AnacletoLAB / ensmallen

🍇 Ensmallen is the Rust/Python high-performance graph processing submodule of the GRAPE library.
MIT License
39 stars 12 forks source link

G.dump_nodes doesn't respect defaults #224

Open redst4r opened 1 year ago

redst4r commented 1 year ago

Hi,

I just noticed that the default values of Graph.dump_nodes() mentioned in the docs are different than what the code acutally does.
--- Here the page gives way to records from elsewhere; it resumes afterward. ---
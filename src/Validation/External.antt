-- ===== src/Validation/External.antt =====
-- validation.py: what the transports use, and the command transport. The
-- environment, the processes and the sockets are parameters.
use coldsnap.Base.{
  ℕ, String, Bool, ◌||◌, not, Option, some, List, [], ◌∷◌, ◌++◌, Result, ok, raised, raise_if,
  string_eq, ℤ, pos, show_ℤ, Float, Json, eqb_ℤ, nat_eq,
}
use coldsnap.Coordinator.Wire.{Bytes}
use coldsnap.Coordinator.Actions.{Action, ◌>>=◌, ◌>>◌, lift}
use coldsnap.Validation.Stats.{
  ValidationError, system_error, invalid_external_configuration, invalid_external_admission,
  external_validation_failed, System,
}
use coldsnap.Validation.Payloads.{Admission}
use coldsnap.Validation.Admissions.{Conversions, normalize_external_admission}

-- A finished process
pub record Completed : Type 0 where
  pub returncode : ℤ
  pub stdout : String
  pub stderr : String

-- What the transports use: variables, the parts of a path, `shlex.split`, processes, a socket, the decoding
-- of bytes and `secrets`. A failed `run`, `connect`, `sendall`, `shutdown` or `recv` is an `OSError`.
pub record Outside (W D : Type 0) : Type 0 where
  pub environ : String → Option String
  pub lower : String → String
  pub read_float : String → Option Float
  pub in_day : Float → Bool
  pub shlex_split : String → Option (List String)
  pub is_clean : String → Bool
  pub is_file : String → W → Bool
  pub run : List String → Float → Action W ValidationError Completed
  pub token_hex : W → String × W
  pub socket : Float → W → W
  pub connect : String → Action W ValidationError (Unit {0})
  pub sendall : Json → Action W ValidationError (Unit {0})
  pub shutdown : Action W ValidationError (Unit {0})
  pub recv : ℕ → Action W ValidationError Bytes
  pub close_socket : W → W
  pub decode : Bytes → Option String
  pub loads_bytes : Bytes → Option Json
  pub conversions : Conversions

abbrev pub or_given : String → Option String → String
or_given given (some s) = s
or_given given _ = given

abbrev pub demand {ℓ} : {A : Type ℓ} → ValidationError → Option A → Result ValidationError A
demand e (some x) = ok x
demand e _ = raised e

-- An error of the operating system becomes one of the code's own.
abbrev pub reported :
    {W A : Type 0} → ValidationError → Result ValidationError A × W → Result ValidationError A × W
reported as_error (ok x, w) = (ok x, w)
reported as_error (raised (system_error message), w) = (raised as_error, w)
reported as_error (raised e, w) = (raised e, w)

module _ {W D : Type 0} (sys : System W D) (out : Outside W D) where
  unfoldable pub validation_timeout : Action W ValidationError Float
  validation_timeout = do
    value ← lift (
        demand invalid_external_configuration (
          out.read_float
            (or_given "1800" (out.environ "COLDSNAP_PAYLOAD_VALIDATION_TIMEOUT_SECONDS"))))
    lift (raise_if (not (out.in_day value)) invalid_external_configuration)
    lift (ok value)

  abbrev pub check_command : List String → W → Result ValidationError (Unit {0}) × W
  check_command [] w = (raised invalid_external_configuration, w)
  check_command (executable ∷ arguments) w = (
    raise_if (not (out.is_clean executable) || not (out.is_file executable w))
        invalid_external_configuration,
    w,
  )

  abbrev pub options : String → String → String → ℤ → List String
  options blob marker expected bytes =
      "--path"
      ∷ blob
      ∷ "--record"
      ∷ marker
      ∷ "--expected-sha256"
      ∷ expected
      ∷ "--expected-bytes"
      ∷ show_ℤ bytes
      ∷ []

  -- `_validate_payload_cli`
  unfoldable pub validate_payload_cli :
      String → String → String → ℤ → Action W ValidationError Admission
  unfolding validation_timeout show_ℤ normalize_external_admission
  validate_payload_cli blob marker expected bytes = do
    command ← lift (
        demand invalid_external_configuration
          (out.shlex_split (or_given "" (out.environ "COLDSNAP_PAYLOAD_VALIDATION_COMMAND"))))
    check_command command
    timeout ← validation_timeout
    completed ← λ w.
        reported external_validation_failed
          (out.run (command ++ options blob marker expected bytes) timeout w)
    lift (raise_if (not (eqb_ℤ completed.returncode (pos 0))) external_validation_failed)
    admission ← lift (demand invalid_external_admission (sys.loads completed.stdout))
    lift (normalize_external_admission out.conversions blob marker expected bytes admission)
From the python docs:

> G.dump_nodes?
...
verbose: bool = True
    Wether to show a loading bar while writing to file.
separator: str = '\t'
    What separator to use while writing out to file.
header: bool = True
    Wether to write out the header of the file.
nodes_column_number: int = 0
    The column number where to write the nodes.
nodes_column: str = "id"
    The name of the column of the nodes.
node_types_column_number: int = 1
    The column number where to write the node types.
node_type_column: str = "category"
    The name of the column of the node types.
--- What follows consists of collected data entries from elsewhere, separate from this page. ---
-- ===== src/Validation/Rpc.antt =====
-- validation.py: the RPC transport, `validate_payload`, which chooses one, and `verify_validation_record`.
use coldsnap.Base.{
  some, Fields, with_last, ℕ, zero, suc, ◌+◌, ◌-◌, ◌/◌, ◌%◌, String, Bool, true, false, ◌&&◌, ◌||◌,
  not, Option, [], ◌∷◌, ◌++◌, length, Result, ok, raised, raise_if, if◌then◌else◌, ltb, eqb, ◌==◌,
  string_eq, strip, text_length, append, ℤ, pos, leb_ℤ, ltb_ℤ, Json, obj, int, str, bool, end,
  field, member, nat_eq,
}
use Prim.Native.Char.{code}
use coldsnap.Coordinator.Wire.{Bytes}
use coldsnap.Coordinator.Actions.{Action, ◌>>=◌, ◌>>◌, lift}
use coldsnap.Validation.Stats.{
  record_unreadable, not_a_dict, removeprefix, ValidationError, hash_unfinished, system_error,
  invalid_external_configuration, invalid_external_admission, external_validation_failed, Stat,
  is_regular, is_private, System, closing, normalize_sha256,
}
use coldsnap.Validation.Records.{equals_int, equals_str}
use coldsnap.Validation.Payloads.{
  Admission, Transport, python, cli, rpc, validation_transport, validate_payload_python,
}
use coldsnap.Validation.Admissions.{item, normalize_external_admission}
use coldsnap.Validation.External.{
  Outside, or_given, demand, reported, validation_timeout, validate_payload_cli,
}

module _ {W D : Type 0} (sys : System W D) (out : Outside W D) where
  abbrev pub is_socket : Stat → Bool
  is_socket st = eqb (st.st_mode / 4096 % 16) 12

  abbrev pub private_or_close : D → Result ValidationError Stat × W → Result ValidationError D × W
  private_or_close d (ok st, w) =
      if is_regular st && is_private st && ltb_ℤ (pos 0) st.st_size && leb_ℤ st.st_size (pos 4096)
      then (ok d, w)
      else (
        raised (system_error "RPC token file must be a small private regular file"),
        sys.close d w,
      )
  private_or_close d (raised e, w) = (raised e, sys.close d w)

  -- `_open_private_rpc_token`
  unfoldable pub open_private_rpc_token : String → Action W ValidationError D
  open_private_rpc_token path = sys.open_file path >>= λ d w. private_or_close d (sys.fstat d w)

  unfoldable pub load_token : String → String → Action W ValidationError String
  unfolding open_private_rpc_token strip
  load_token rpc_path token_path = do
    st ← sys.lstat rpc_path
    lift (
        raise_if (not (is_socket st) || not (is_private st))
          (system_error "RPC socket must be a private Unix socket"))
    d ← open_private_rpc_token token_path
    bytes ← λ w. closing sys d (sys.read d 4097 w)
    text ← lift (demand (system_error "token") (out.decode bytes))
    lift (ok (strip text))

  unfoldable pub has_separator : String → Bool
  has_separator String.[] = false
  has_separator (String.◌∷◌ c s) = member (code c) (32 ∷ 9 ∷ 13 ∷ 10 ∷ 0 ∷ []) || has_separator s

  abbrev pub rpc_request : String → String → String → String → String → ℤ → Json
  rpc_request identifier token blob marker expected bytes = obj (
      field "format" (int (pos 1)) (
        field "id" (str identifier) (
          field "token" (str token) (
            field "options"
              (obj (
                field "path" (str blob) (
                  field "record" (str marker) (
                    field "expected_sha256" (str expected)
                      (field "expected_bytes" (int bytes) end)))))
              end))))

  abbrev pub at_most_64k : ℕ → ℕ
  at_most_64k n = if ltb 65536 n then 65536 else n

  abbrev pub after_part :
      ℕ → (ℕ → Action W ValidationError Bytes) → Bytes → Action W ValidationError Bytes
  after_part received more [] = lift (ok [])
  after_part received more (b ∷ chunk) =
      if ltb 1048576 (received + length (b ∷ chunk))
      then lift (raised invalid_external_admission)
      else more (received + length (b ∷ chunk)) >>= λ rest. lift (ok ((b ∷ chunk) ++ rest))

  -- The reply up to the end of the stream; more rounds than it may have bytes are enough.
  unfoldable pub receive : ℕ → ℕ → Action W ValidationError Bytes
  receive zero received = lift (raised hash_unfinished)
  receive (suc rounds) received =
      out.recv (at_most_64k (1048577 - received)) >>= after_part received (receive rounds)

  unfoldable pub converse : String → Json → Action W ValidationError Bytes
  unfolding receive
  converse rpc_path request = do
    out.connect rpc_path
    out.sendall request
    out.shutdown
    receive 1048578 0

  abbrev pub closing_socket :
      {A : Type 0} → Result ValidationError A × W → Result ValidationError A × W
  closing_socket (result, w) = (result, out.close_socket w)

  abbrev pub is_true : Json → Bool
  is_true (bool true) = true
  is_true _ = false

  unfoldable pub admission_in : String → Json → Action W ValidationError Json
  unfolding item
  admission_in identifier response = do
    format ← lift (item "format" response)
    id ← lift (item "id" response)
    lift (
        raise_if
          (not (equals_int out.conversions.float_is (pos 1) format)
            || not (equals_str identifier id))
          invalid_external_admission)
    accepted ← lift (item "ok" response)
    lift (raise_if (not (is_true accepted)) external_validation_failed)
    lift (item "admission" response)

  -- `_validate_payload_rpc`
  unfoldable pub validate_payload_rpc :
      String → String → String → ℤ → Action W ValidationError Admission
  unfolding validation_timeout load_token has_separator converse admission_in
      normalize_external_admission
  validate_payload_rpc blob marker expected bytes =
      let rpc_path = or_given "" (out.environ "COLDSNAP_PAYLOAD_VALIDATION_RPC_SOCKET") in
      let token_path = or_given "" (out.environ "COLDSNAP_PAYLOAD_VALIDATION_RPC_TOKEN_FILE") in
      do
        lift (
            raise_if (not (out.is_clean rpc_path) || not (out.is_clean token_path))
              invalid_external_configuration)
        token ← λ w. reported invalid_external_configuration (load_token rpc_path token_path w)
        lift (
            raise_if (ltb (text_length token) 16 || has_separator token)
              invalid_external_configuration)
        identifier ← λ w. (ok (out.token_hex w).0, (out.token_hex w).1)
        timeout ← validation_timeout sys out
        body ← λ w. closing_socket (
            reported external_validation_failed (
              converse rpc_path (rpc_request identifier token blob marker expected bytes)
                (out.socket timeout w)))
        response ← lift (demand invalid_external_admission (out.loads_bytes body))
        admission ← admission_in identifier response
        lift (normalize_external_admission out.conversions blob marker expected bytes admission)

  unfoldable pub validation_record_path : String → String
  unfolding append
  validation_record_path blob = append blob ".coldsnap-validation.json"

  abbrev pub by_transport :
      Transport
      → Bool
      → Action W ValidationError Admission
      → Action W ValidationError Admission
      → Action W ValidationError Admission
      → Action W ValidationError Admission
  by_transport python local inside command remote = inside
  by_transport cli local inside command remote = if local then inside else command
  by_transport rpc local inside command remote = if local then inside else remote

  -- `validate_payload`: another record or chunk size than the default is for the local validation.
  unfoldable pub validate_payload :
      ℕ → String → String → ℤ → Option String → ℕ → Action W ValidationError Admission
  unfolding normalize_sha256 validation_transport validate_payload_python validate_payload_cli
      validate_payload_rpc validation_record_path
  validate_payload rounds blob expected bytes record_path chunk_bytes =
      let marker = or_given (validation_record_path blob) record_path in
      do
        digest ← lift (normalize_sha256 expected)
        transport ← lift (
            validation_transport out.lower (out.environ "COLDSNAP_PAYLOAD_VALIDATION_TRANSPORT")
              (out.environ "COLDSNAP_PAYLOAD_VALIDATION_RPC_SOCKET")
              (out.environ "COLDSNAP_PAYLOAD_VALIDATION_COMMAND"))
        by_transport transport
            (not (marker == validation_record_path blob) || not (eqb chunk_bytes 16777216))
            (validate_payload_python sys rounds chunk_bytes blob digest bytes marker)
            (validate_payload_cli sys out blob marker digest bytes)
            (validate_payload_rpc blob marker digest bytes)

  abbrev pub expected_size : String → Option ℤ → Action W ValidationError ℤ
  expected_size blob (some bytes) = lift (ok bytes)
  expected_size blob _ = sys.lstat blob >>= λ st. lift (ok st.st_size)

  abbrev pub record_entries : Json → Result ValidationError Fields
  record_entries (obj fs) = ok fs
  record_entries _ = raised not_a_dict

  -- The record's entries with the bare digest, and the result of the validation
  unfoldable pub verify_validation_record :
      ℕ → String → String → String → Option ℤ → Action W ValidationError (Fields × Admission)
  unfolding validate_payload normalize_sha256 removeprefix
  verify_validation_record rounds blob expected marker expected_bytes = do
    bytes ← expected_size blob expected_bytes
    result ← validate_payload rounds blob expected bytes (some marker) 16777216
    text ← λ w. reported record_unreadable (sys.read_text marker w)
    value ← lift (demand record_unreadable (sys.loads text))
    digest ← lift (normalize_sha256 expected)
    entries ← lift (record_entries value)
    lift (ok (with_last entries "sha256" (str (removeprefix "sha256:" digest)), result))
At least I assumed those are defaults specified after the parameter names.

Turns out that if you run

# Just using Hetionet as an example here
from grape.datasets.hetionet import Hetionet
G = Hetionet()
G.dump_nodes('/tmp/node.tsv')

you actually get this:

> head /tmp/nodes.tsv
node_name
Anatomy::UBERON:0000002
Anatomy::UBERON:0000004
...
...

whereas I'd expect (from the defaults):

id    category
Anatomy::UBERON:0000002   Anatomy
...

Not a big issue, but confusing behavior at first! Thanks for this great software package!!